Podobnych sygnałów ostrzegawczych było już w tym roku więcej, gdyż na marcowej aukcji obligacji pięcioletnich popyt też tylko o jedną trzecią przewyższał ofertę, a na pierwszym w tym roku przetargu walorów dwuletnich ministerstwo nie sprzedało całej oferowanej puli.
Psychologia rynku
czy nowe realia
Widać dość wyraźnie, że pomimo nadwyżki w budżecie i bardzo niewielkich jak dotąd potrzeb pożyczkowych netto oraz przy rosnącej rentowności papierów skarbowych (od początku lutego wzrosły one o 40-50 punktów bazowych) Ministerstwu Finansów z większym trudem przychodzi ostatnio pozyskiwanie środków niezbędnych do sfinansowania zapadających zobowiązań. Nie oznacza to, oczywiście, że grozi nam powtórzenie sytuacji z jesieni 2003 r. (kiedy inwestorzy krajowi niemal całkowicie stracili zainteresowanie nabywaniem papierów skarbowych), ale zapewnienie płynności budżetu państwa wymaga teraz z pewnością więcej uwagi i starań. Niepowodzenie ostatniej aukcji "dziesięciolatek" przedstawiciele ministerstwa przypisali głównie skutkom zaburzeń na światowych rynkach finansowych i ich "psychologicznemu" wpływowi na rynek polski.
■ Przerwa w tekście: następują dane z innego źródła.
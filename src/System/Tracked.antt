-- ===== src/System/Tracked.antt =====
-- Every event keeps the account of the chunks of each stream (mgr.go, worker.go, stream.go).
use incite.Base.{
  ℕ, ◌≤◌, ◌≡◌, refl, sym, subst, ◌∙◌, inl, inr, Bool, false, Bool-cases, Option, none, some, List,
  [], ◌∷◌, arith, ◌==◌, ==_iff, if◌then◌else◌, Text,
}
use incite.Clock.{Time}
use incite.Errors.{eof}
use incite.Stream.{Stream, Row, read, close, set_err}
use incite.Chunk.{Chunk}
use incite.Service.{Reply, GetQueryResultsOutput}
use incite.Worker.{
  Worker, Input, Popped, pop, waits, closing, popped, Round, waiting, returned, panicked, goes_on,
  stops, round_of,
}
use incite.Regulator.{Regulator, WaitResult, wait, timer_fires, context_ends}
use incite.Poller.{Polled, poller_manipulate, append_block}
use incite.Poller.Outcomes.{poller_manipulate-IsPolled}
use incite.Manager.{Mgr, Streams, put}
use incite.Manager.Account.{left}
use incite.Manager.Consistency.{IsConsistent}
use incite.Manager.Final.{IsFinal}
use incite.Manager.Others.{Unmade}
use incite.Working.{Moment, work, Worked, idle, failed, worked, taken, after_wait, after_round}

-- A change that keeps what counts of a stream, and does not give it io.EOF.
pub record IsSimilar (s s' : Stream) : Type 0 where
  pub next : s'.next ≡ s.next
  pub n0 : s'.n0 ≡ s.n0
  pub m : s'.m ≡ s.m
  pub n : s'.n ≡ s.n
  pub err : s'.err ≡ some eof → s.err ≡ some eof

-- What is known of the stream with a number. One that is not made yet has no chunks.
pub record IsTracked (k : ℕ) (num_streams : ℕ) (m : Mgr) : Type 0 where
  pub consistent : IsConsistent k m
  pub final : IsFinal (m.streams k)
  pub unmade : num_streams ≤ k → Unmade k m

pub IsSimilar-refl : (s : Stream) → IsSimilar s s
IsSimilar-refl s = record { next = refl; n0 = refl; m = refl; n = refl; err = λ e. e }

pub read-IsSimilar : (s : Stream) (room : ℕ) → IsSimilar s (read s room).0
unfolding read
read-IsSimilar s room = record { next = refl; n0 = refl; m = refl; n = refl; err = λ e. e }

pub close-IsSimilar : (s : Stream) → IsSimilar s (close s).0
unfolding close set_err
close-IsSimilar s = ground arith

append_block-IsSimilar : (rows : List Row) (s : Stream) → IsSimilar s (append_block rows s)
append_block-IsSimilar [] s = IsSimilar-refl s
append_block-IsSimilar (r ∷ rs) s = ground arith

unfoldable pub AllSimilar : Streams → Streams → Type 0
AllSimilar streams streams' = (k : ℕ) → IsSimilar (streams k) (streams' k)

pub put-AllSimilar :
    (j : ℕ) (s : Stream) (streams : Streams)
    → IsSimilar (streams j) s
    → AllSimilar streams (put j s streams)
unfolding AllSimilar put
put-AllSimilar j s streams h k = elim (Bool-cases (k == j)) [
  | inl e ↦ rw e (subst (λ (i : ℕ). IsSimilar (streams i) s) (sym ((==_iff k j).0 e)) h)
  | inr e ↦ rw e (IsSimilar-refl (streams k))
]

pub similar-IsTracked :
    (k num_streams : ℕ) (m : Mgr) (streams : Streams)
    → IsSimilar (m.streams k) (streams k)
    → IsTracked k num_streams m
    → IsTracked k num_streams (record m { streams = streams })
unfolding left Unmade
similar-IsTracked k num_streams m streams same h = record {
  consistent = record {
    accounted = omega (arith, h.consistent.accounted, same.next, same.n0, same.m, same.n);
    once = h.consistent.once;
    unfinished = λ o. omega (arith, h.consistent.unfinished o, same.next, same.n0);
  };
  final = λ e. same.m ∙ h.final (same.err e) ∙ sym same.n;
  unmade = λ e. (same.n ∙ (h.unmade e).0, same.n0 ∙ (h.unmade e).1);
}

-- What happens to the streams in a round of a worker.
abbrev pub WorkedSimilar : Streams → Worked → Type 0
WorkedSimilar streams idle = Unit {0}
WorkedSimilar streams failed = Unit {0}
WorkedSimilar streams (worked w i out streams') = AllSimilar streams streams'

after_round-WorkedSimilar :
    (now : Time) (requested : Bool) (streams streams' : Streams) (r : Round)
    → AllSimilar streams streams'
    → WorkedSimilar streams (after_round now requested streams' r)
after_round-WorkedSimilar now requested streams streams' waiting h = tt
after_round-WorkedSimilar now requested streams streams' returned h = tt
after_round-WorkedSimilar now requested streams streams' panicked h = tt
after_round-WorkedSimilar now requested streams streams' (goes_on w i out) h = h
after_round-WorkedSimilar now requested streams streams' (stops w i) h = tt

after_wait-WorkedSimilar :
    (streams : Streams) (result : Option (Regulator × WaitResult))
    (rest : Regulator × WaitResult → Worked)
    → ((x : Regulator × WaitResult) → WorkedSimilar streams (rest x))
    → WorkedSimilar streams (after_wait result rest)
after_wait-WorkedSimilar streams none rest h = tt
after_wait-WorkedSimilar streams (some x) rest h = h x

taken-AllSimilar :
    (p : Popped) (manipulate : Chunk → Polled) (streams : Streams)
    → ((c : Chunk) → IsSimilar (streams c.stream) (manipulate c).stream)
    → AllSimilar streams (taken p (λ c. put c.stream (manipulate c).stream streams) streams)
unfolding AllSimilar
taken-AllSimilar waits manipulate streams h k = IsSimilar-refl (streams k)
taken-AllSimilar closing manipulate streams h k = IsSimilar-refl (streams k)
taken-AllSimilar (popped c w i) manipulate streams h k =
    unfold AllSimilar in put-AllSimilar c.stream (manipulate c).stream streams (h c) k

pub work-WorkedSimilar :
    (at : Moment) (manipulate : Chunk → Polled) (streams : Streams) (w : Worker) (i : Input)
    → ((c : Chunk) → IsSimilar (streams c.stream) (manipulate c).stream)
    → WorkedSimilar streams (work at manipulate streams w i)
unfolding work
work-WorkedSimilar at manipulate streams w i h =
    let requested : Bool = taken (pop w i) (λ c. (manipulate c).requested) false in
    let streams' : Streams =
      taken (pop w i) (λ c. put c.stream (manipulate c).stream streams) streams in
    let round : Regulator × WaitResult → Round = λ result.
      round_of (λ c r. result) (λ c. ((manipulate c).chunk, (manipulate c).outcome)) at.answered w
        i in
    after_wait-WorkedSimilar streams
      (wait at.begun (if at.fires then timer_fires else context_ends) w.regulator)
      (λ result. after_round at.answered requested streams' (round result))
      (λ result.
        after_round-WorkedSimilar at.answered requested streams streams' (round result)
          (taken-AllSimilar (pop w i) manipulate streams h))

pub polled-IsSimilar :
    (order : List Text → List Text) (failed_text : Text) (streams : Streams)
    (reply : Reply GetQueryResultsOutput) (c : Chunk)
    → IsSimilar
        (streams c.stream)
        (poller_manipulate order failed_text (streams c.stream) reply c).stream
polled-IsSimilar order failed_text streams reply c =
    let (rows, e) =
      (poller_manipulate-IsPolled order failed_text (streams c.stream) reply c).delivered in
    subst (IsSimilar (streams c.stream)) (sym e) (append_block-IsSimilar rows (streams c.stream))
Sytuacja zewnętrzna, w tym zwłaszcza kłopoty z płynnością i znaczny wzrost awersji do ryzyka, z pewnością przyczyniła się do pogorszenia warunków na naszym rynku papierów skarbowych. Od listopada ubiegłego roku do końca lutego bieżącego roku (dane dla marca nie są jeszcze dostępne) prawie wcale nie zmieniła się łączna wartość polskich obligacji zakumulowanych w portfelach inwestorów zagranicznych (około 74 mld zł). Za pocieszające można uznać to, że w tym trudnym okresie obcy kapitał nie uciekał z Polski, ale też nie pomagał on w zaspokajaniu potrzeb pożyczkowych budżetu. Inwestorzy zagraniczni zdecydowanie preferują płynne papiery o dłuższych terminach zapadalności i dlatego w przeszłości byli bardzo istotnym źródłem popytu na przetargach obligacji dziesięcioletnich. Na ten rodzaj papierów przypada prawie połowa całego ich portfela polskich obligacji skarbowych. Można zatem przypuszczać, że brak znaczących zamówień zagranicznych był rzeczywiście jedną z najważniejszych przyczyn niepowodzenia ostatniej aukcji "dziesięciolatek". Nie jest to jednak tylko efekt "psychologii" rynku, ale raczej wyraz nowych, trudniejszych realiów, do których należy się dostosować, poszukując źródeł środków niezbędnych dla zapewnienia płynności budżetu.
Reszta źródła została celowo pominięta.